§ **Problem to work on**:
The answer should consist of all the entries, repeated word for word.

Stored data entries:
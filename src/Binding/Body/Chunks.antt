-- ===== src/Binding/Body/Chunks.antt =====
-- The reader that records the first byte, over any sequence of reads.
use golang_postgres_starter.Base.{
  ℕ, nat_eq, List, [], ◌∷◌, ◌++◌, append-nil, append_assoc, ◌≡◌, ◌≢◌, refl, sym, ◌∙◌, ap, inl, inr,
  Bool-cases, arith, All, All-append,
}
use golang_postgres_starter.Binding.Wire.{leading_byte, observe, is_json_space}

-- The bytes of all reads.
abbrev pub concat : List (List ℕ) → List ℕ
concat [] = []
concat (chunk ∷ chunks) = chunk ++ concat chunks

-- What is recorded after all reads.
abbrev pub observe_all : ℕ → List (List ℕ) → ℕ
observe_all first [] = first
observe_all first (chunk ∷ chunks) = observe_all (observe first chunk) chunks

observe-nonzero : (b : ℕ) (more : List ℕ) → b ≢ 0 → b ≡ observe b more
unfolding observe
observe-nonzero b more other = ground arith

observe-none : (more : List ℕ) → observe 0 more ≡ leading_byte more
unfolding observe
observe-none more = refl

leading_byte-append :
    (bytes more : List ℕ)
    → All (λ b. b ≢ 0) bytes
    → leading_byte (bytes ++ more) ≡ observe (leading_byte bytes) more
unfolding leading_byte
leading_byte-append [] more none_zero = sym (observe-none more)
leading_byte-append (b ∷ bs) more (b_given, bs_given) = elim (Bool-cases (is_json_space b)) [
  | inl space ↦ rw space (leading_byte-append bs more bs_given)
  | inr other ↦ rw other (observe-nonzero b more b_given)
]

observe_all-from :
    (bytes : List ℕ) (chunks : List (List ℕ))
    → All (λ b. b ≢ 0) bytes
    → All (λ chunk. All (λ b. b ≢ 0) chunk) chunks
    → observe_all (leading_byte bytes) chunks ≡ leading_byte (bytes ++ concat chunks)
observe_all-from bytes [] given rest = ap leading_byte (sym (append-nil bytes))
observe_all-from bytes (chunk ∷ chunks) given (c, rest) =
    ap (λ first. observe_all first chunks) (sym (leading_byte-append bytes chunk given))
    ∙ observe_all-from (bytes ++ chunk) chunks (All-append (λ b. b ≢ 0) bytes chunk given c) rest
    ∙ ap leading_byte (append_assoc bytes chunk (concat chunks))

-- However the bytes are split into reads, the reader records the byte that leads them, unless one of
-- them is 0.
pub observe_all-concat :
    (chunks : List (List ℕ))
    → All (λ chunk. All (λ b. b ≢ 0) chunk) chunks
    → observe_all 0 chunks ≡ leading_byte (concat chunks)
unfolding leading_byte
observe_all-concat chunks given = observe_all-from [] chunks tt given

§ **Worked solution**:
filename src/Binding/Body/Chunks.antt
-- ===== src/Binding/Body/Chunks.antt =====
-- The reader that records the first byte, over any sequence of reads.
use golang_postgres_starter.Base.{
  ℕ, nat_eq, List, [], ◌∷◌, ◌++◌, append-nil, append_assoc, ◌≡◌, ◌≢◌, refl, sym, ◌∙◌, ap, inl, inr,
  Bool-cases, arith, All, All-append,
}
use golang_postgres_starter.Binding.Wire.{leading_byte, observe, is_json_space}

-- The bytes of all reads.
abbrev pub concat : List (List ℕ) → List ℕ
concat [] = []
concat (chunk ∷ chunks) = chunk ++ concat chunks

-- What is recorded after all reads.
abbrev pub observe_all : ℕ → List (List ℕ) → ℕ
observe_all first [] = first
observe_all first (chunk ∷ chunks) = observe_all (observe first chunk) chunks

observe-nonzero : (b : ℕ) (more : List ℕ) → b ≢ 0 → b ≡ observe b more
unfolding observe
observe-nonzero b more other = ground arith

observe-none : (more : List ℕ) → observe 0 more ≡ leading_byte more
unfolding observe
observe-none more = refl

leading_byte-append :
    (bytes more : List ℕ)
    → All (λ b. b ≢ 0) bytes
    → leading_byte (bytes ++ more) ≡ observe (leading_byte bytes) more
unfolding leading_byte
leading_byte-append [] more none_zero = sym (observe-none more)
leading_byte-append (b ∷ bs) more (b_given, bs_given) = elim (Bool-cases (is_json_space b)) [
  | inl space ↦ rw space (leading_byte-append bs more bs_given)
  | inr other ↦ rw other (observe-nonzero b more b_given)
]

observe_all-from :
    (bytes : List ℕ) (chunks : List (List ℕ))
    → All (λ b. b ≢ 0) bytes
    → All (λ chunk. All (λ b. b ≢ 0) chunk) chunks
    → observe_all (leading_byte bytes) chunks ≡ leading_byte (bytes ++ concat chunks)
observe_all-from bytes [] given rest = ap leading_byte (sym (append-nil bytes))
observe_all-from bytes (chunk ∷ chunks) given (c, rest) =
    ap (λ first. observe_all first chunks) (sym (leading_byte-append bytes chunk given))
    ∙ observe_all-from (bytes ++ chunk) chunks (All-append (λ b. b ≢ 0) bytes chunk given c) rest
    ∙ ap leading_byte (append_assoc bytes chunk (concat chunks))

-- However the bytes are split into reads, the reader records the byte that leads them, unless one of
-- them is 0.
pub observe_all-concat :
    (chunks : List (List ℕ))
    → All (λ chunk. All (λ b. b ≢ 0) chunk) chunks
    → observe_all 0 chunks ≡ leading_byte (concat chunks)
unfolding leading_byte
observe_all-concat chunks given = observe_all-from [] chunks tt given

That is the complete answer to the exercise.